_What is needed_. The answer must consist of each line below that contains the string "Routing".

(Saved data entries)
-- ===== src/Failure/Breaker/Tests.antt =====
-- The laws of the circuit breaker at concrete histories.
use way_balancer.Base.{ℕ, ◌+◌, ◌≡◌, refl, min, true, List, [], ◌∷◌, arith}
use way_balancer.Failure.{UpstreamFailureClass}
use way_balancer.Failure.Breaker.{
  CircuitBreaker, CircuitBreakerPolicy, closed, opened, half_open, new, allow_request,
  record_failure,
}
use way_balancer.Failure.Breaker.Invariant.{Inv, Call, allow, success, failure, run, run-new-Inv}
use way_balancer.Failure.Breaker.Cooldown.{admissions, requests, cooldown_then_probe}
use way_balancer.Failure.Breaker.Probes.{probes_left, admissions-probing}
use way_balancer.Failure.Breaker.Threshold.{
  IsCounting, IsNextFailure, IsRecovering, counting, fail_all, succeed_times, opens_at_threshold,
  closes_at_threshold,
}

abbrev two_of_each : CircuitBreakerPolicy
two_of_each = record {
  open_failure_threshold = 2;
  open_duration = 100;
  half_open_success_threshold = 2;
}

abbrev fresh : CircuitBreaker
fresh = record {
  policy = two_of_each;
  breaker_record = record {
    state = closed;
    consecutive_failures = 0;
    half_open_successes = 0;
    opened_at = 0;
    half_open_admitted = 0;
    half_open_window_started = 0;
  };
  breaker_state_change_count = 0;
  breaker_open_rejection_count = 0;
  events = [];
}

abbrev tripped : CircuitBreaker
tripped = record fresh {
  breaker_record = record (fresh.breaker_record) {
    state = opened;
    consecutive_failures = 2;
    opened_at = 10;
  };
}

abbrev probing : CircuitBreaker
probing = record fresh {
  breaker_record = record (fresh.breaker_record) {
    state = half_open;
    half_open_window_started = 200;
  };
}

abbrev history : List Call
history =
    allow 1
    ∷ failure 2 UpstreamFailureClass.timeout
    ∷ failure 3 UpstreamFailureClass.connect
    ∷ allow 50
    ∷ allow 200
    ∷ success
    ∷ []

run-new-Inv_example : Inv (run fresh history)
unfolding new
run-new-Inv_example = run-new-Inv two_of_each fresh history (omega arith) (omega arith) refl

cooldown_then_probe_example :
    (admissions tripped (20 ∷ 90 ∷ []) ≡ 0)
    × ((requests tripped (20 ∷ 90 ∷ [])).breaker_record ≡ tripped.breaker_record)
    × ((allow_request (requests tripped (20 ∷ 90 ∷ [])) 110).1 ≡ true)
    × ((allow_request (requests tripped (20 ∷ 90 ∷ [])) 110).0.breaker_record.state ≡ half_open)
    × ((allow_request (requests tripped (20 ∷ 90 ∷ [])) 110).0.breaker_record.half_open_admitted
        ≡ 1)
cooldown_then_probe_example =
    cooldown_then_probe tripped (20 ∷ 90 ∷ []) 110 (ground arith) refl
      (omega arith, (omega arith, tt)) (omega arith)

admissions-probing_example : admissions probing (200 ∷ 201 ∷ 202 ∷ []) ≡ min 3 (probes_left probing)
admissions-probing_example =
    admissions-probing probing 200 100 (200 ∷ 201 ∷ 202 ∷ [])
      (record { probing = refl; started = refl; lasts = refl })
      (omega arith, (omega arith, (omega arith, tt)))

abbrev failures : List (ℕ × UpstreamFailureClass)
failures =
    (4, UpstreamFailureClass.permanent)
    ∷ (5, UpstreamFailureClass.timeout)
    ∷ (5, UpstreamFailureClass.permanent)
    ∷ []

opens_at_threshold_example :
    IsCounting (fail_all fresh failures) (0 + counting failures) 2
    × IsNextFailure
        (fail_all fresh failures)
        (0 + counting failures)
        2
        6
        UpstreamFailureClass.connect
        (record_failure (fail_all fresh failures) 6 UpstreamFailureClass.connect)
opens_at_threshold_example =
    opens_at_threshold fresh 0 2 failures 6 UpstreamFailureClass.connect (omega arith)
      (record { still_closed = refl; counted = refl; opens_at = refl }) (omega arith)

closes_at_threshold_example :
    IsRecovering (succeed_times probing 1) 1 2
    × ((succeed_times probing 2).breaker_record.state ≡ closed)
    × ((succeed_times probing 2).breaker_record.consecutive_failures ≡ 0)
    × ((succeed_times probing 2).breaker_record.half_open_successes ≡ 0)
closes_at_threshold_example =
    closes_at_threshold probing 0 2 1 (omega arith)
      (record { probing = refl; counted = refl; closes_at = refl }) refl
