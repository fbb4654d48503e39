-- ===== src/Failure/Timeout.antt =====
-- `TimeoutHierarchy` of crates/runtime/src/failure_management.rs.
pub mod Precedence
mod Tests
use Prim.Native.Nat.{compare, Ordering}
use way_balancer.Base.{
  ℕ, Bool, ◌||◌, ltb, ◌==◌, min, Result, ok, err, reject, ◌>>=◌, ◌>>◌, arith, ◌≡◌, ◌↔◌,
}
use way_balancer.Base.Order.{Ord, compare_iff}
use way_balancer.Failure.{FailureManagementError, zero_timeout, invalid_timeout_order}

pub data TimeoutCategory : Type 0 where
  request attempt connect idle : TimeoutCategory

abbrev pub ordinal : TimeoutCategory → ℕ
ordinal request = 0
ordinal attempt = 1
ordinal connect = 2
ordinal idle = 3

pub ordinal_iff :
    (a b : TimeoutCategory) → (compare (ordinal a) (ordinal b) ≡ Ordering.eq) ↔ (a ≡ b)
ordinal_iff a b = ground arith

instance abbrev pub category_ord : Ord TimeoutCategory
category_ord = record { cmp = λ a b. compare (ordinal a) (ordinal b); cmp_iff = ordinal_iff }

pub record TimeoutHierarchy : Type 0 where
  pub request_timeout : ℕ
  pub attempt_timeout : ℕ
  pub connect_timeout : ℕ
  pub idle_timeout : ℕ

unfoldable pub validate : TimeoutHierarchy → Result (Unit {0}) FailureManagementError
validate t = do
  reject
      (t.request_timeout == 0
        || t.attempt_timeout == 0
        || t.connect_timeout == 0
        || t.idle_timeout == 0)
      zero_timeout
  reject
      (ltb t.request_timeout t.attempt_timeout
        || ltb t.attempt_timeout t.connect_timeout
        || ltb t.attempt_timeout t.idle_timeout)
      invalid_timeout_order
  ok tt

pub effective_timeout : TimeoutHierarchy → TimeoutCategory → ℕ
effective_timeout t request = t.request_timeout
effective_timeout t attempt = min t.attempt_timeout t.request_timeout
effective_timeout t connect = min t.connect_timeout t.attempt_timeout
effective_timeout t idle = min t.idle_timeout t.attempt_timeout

* * *

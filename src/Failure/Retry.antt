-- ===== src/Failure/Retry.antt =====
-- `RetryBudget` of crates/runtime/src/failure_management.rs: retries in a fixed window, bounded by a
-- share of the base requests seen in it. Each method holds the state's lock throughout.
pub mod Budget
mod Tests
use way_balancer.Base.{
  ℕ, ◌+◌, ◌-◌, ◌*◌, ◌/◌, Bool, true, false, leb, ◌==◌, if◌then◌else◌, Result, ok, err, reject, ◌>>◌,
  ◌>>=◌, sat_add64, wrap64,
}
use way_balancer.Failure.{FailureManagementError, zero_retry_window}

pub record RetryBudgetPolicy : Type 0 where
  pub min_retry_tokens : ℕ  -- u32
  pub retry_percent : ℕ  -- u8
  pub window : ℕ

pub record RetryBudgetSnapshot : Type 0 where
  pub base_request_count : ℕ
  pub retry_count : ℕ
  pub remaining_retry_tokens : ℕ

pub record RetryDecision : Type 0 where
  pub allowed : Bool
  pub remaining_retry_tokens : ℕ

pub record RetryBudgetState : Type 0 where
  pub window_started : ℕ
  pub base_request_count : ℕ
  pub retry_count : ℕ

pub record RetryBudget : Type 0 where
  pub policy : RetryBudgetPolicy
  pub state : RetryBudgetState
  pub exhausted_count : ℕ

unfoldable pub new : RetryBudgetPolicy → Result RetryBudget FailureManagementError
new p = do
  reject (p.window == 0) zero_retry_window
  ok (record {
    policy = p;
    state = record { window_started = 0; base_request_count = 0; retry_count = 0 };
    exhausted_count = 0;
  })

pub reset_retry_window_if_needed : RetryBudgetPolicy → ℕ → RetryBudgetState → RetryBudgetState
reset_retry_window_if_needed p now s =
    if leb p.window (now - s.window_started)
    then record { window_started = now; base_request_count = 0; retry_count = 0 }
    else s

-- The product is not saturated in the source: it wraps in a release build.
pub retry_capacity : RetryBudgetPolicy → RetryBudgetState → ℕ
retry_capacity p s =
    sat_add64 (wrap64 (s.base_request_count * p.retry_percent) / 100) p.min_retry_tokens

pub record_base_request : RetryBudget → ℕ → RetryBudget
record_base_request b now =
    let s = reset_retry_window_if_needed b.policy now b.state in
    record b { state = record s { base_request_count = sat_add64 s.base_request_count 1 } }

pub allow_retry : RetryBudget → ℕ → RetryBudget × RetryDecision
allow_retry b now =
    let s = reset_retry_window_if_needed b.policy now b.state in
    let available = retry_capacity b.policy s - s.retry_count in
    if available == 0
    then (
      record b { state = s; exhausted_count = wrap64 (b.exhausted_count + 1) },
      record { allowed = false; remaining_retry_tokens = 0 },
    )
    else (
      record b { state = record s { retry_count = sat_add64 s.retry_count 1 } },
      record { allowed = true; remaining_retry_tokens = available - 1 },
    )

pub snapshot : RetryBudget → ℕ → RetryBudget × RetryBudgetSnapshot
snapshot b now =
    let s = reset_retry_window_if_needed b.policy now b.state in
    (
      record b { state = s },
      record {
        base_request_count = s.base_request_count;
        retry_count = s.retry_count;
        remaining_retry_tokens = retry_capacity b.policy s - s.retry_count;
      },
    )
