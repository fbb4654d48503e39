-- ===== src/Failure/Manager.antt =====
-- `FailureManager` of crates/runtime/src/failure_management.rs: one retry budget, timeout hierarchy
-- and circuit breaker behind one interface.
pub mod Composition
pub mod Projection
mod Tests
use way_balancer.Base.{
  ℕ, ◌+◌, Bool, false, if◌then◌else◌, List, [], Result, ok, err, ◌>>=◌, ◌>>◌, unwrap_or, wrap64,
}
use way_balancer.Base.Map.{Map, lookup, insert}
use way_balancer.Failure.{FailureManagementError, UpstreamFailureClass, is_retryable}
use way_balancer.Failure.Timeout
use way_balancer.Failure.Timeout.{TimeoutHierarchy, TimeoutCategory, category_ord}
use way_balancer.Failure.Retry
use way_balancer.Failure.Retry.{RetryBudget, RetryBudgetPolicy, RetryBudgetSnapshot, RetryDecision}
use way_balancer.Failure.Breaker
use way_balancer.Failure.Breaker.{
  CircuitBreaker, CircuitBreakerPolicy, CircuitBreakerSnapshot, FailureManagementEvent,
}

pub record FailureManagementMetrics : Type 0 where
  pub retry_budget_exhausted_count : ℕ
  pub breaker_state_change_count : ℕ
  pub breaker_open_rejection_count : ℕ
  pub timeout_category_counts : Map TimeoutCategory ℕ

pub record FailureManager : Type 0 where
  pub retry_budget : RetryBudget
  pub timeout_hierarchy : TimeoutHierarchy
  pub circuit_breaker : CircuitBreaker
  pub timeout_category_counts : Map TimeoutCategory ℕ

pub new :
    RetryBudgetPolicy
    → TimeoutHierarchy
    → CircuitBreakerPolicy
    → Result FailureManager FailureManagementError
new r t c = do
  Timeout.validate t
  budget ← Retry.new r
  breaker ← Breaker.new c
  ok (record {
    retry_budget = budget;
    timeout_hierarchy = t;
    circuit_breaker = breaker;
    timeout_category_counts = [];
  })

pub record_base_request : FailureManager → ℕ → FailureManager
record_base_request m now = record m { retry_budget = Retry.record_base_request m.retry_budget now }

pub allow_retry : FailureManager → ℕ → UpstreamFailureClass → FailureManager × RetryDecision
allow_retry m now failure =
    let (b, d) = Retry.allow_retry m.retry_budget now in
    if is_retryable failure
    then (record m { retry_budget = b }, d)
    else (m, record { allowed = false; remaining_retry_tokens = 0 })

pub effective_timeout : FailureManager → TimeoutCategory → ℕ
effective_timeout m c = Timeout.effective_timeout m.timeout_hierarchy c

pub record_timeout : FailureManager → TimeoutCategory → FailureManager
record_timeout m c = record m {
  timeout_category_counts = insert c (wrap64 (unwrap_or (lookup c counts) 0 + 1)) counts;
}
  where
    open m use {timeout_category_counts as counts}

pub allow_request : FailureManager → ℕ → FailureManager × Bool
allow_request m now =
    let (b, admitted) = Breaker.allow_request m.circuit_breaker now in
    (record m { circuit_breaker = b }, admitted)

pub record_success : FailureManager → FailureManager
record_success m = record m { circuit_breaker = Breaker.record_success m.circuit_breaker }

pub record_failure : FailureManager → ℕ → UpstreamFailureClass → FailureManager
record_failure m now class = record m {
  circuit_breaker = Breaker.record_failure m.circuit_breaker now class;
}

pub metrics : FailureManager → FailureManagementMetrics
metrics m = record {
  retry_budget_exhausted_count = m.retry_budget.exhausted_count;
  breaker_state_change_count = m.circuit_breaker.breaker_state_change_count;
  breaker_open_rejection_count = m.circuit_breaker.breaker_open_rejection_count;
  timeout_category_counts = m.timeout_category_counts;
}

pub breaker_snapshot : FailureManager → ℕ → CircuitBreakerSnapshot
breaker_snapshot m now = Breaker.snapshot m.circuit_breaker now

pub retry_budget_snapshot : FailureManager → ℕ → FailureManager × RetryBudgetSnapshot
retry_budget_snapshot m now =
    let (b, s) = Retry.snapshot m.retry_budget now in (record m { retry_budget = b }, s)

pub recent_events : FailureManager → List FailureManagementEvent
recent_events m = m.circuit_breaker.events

==

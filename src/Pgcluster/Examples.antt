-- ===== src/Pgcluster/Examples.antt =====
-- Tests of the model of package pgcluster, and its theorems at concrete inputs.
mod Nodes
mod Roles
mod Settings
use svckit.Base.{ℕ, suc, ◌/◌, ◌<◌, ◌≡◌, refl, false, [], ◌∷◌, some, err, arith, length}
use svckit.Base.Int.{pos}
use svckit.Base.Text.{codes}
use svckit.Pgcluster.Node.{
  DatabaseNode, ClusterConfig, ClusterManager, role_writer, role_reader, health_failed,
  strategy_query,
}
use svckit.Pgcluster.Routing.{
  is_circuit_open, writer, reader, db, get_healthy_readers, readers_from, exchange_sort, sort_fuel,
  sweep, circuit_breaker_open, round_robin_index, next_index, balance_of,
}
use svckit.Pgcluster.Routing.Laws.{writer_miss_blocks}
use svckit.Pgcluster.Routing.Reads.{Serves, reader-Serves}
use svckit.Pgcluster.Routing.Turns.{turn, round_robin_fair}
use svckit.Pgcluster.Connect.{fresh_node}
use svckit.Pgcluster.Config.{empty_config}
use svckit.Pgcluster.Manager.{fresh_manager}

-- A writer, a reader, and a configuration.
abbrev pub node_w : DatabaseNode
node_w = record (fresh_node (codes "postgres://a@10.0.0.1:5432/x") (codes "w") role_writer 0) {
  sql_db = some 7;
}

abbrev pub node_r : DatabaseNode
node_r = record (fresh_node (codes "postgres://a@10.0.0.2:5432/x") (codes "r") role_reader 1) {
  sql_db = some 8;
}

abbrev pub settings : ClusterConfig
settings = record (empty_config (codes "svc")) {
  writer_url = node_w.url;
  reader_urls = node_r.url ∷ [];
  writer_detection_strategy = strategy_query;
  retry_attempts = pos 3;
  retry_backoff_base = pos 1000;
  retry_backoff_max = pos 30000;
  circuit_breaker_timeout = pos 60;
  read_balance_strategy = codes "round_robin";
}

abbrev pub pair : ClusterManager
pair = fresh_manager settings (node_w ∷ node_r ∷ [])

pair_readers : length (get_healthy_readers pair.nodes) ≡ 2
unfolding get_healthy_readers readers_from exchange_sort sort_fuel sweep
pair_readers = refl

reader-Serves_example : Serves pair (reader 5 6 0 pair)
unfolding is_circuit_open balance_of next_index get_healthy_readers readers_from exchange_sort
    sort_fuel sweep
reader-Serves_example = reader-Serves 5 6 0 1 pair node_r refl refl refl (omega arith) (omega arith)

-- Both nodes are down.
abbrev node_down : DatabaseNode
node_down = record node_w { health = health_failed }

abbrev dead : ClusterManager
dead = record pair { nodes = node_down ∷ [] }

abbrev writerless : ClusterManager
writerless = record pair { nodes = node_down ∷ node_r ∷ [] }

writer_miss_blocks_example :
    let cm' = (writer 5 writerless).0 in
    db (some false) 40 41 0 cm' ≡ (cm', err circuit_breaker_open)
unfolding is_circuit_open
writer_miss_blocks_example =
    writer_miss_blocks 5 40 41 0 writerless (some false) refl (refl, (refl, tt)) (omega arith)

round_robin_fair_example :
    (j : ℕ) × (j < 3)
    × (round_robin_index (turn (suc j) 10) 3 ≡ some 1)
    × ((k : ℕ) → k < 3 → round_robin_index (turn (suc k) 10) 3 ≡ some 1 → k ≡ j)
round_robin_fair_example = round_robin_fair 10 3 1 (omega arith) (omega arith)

_Task result_.
use svckit.Pgcluster.Routing.{
use svckit.Pgcluster.Routing.Laws.{writer_miss_blocks}
use svckit.Pgcluster.Routing.Reads.{Serves, reader-Serves}
use svckit.Pgcluster.Routing.Turns.{turn, round_robin_fair}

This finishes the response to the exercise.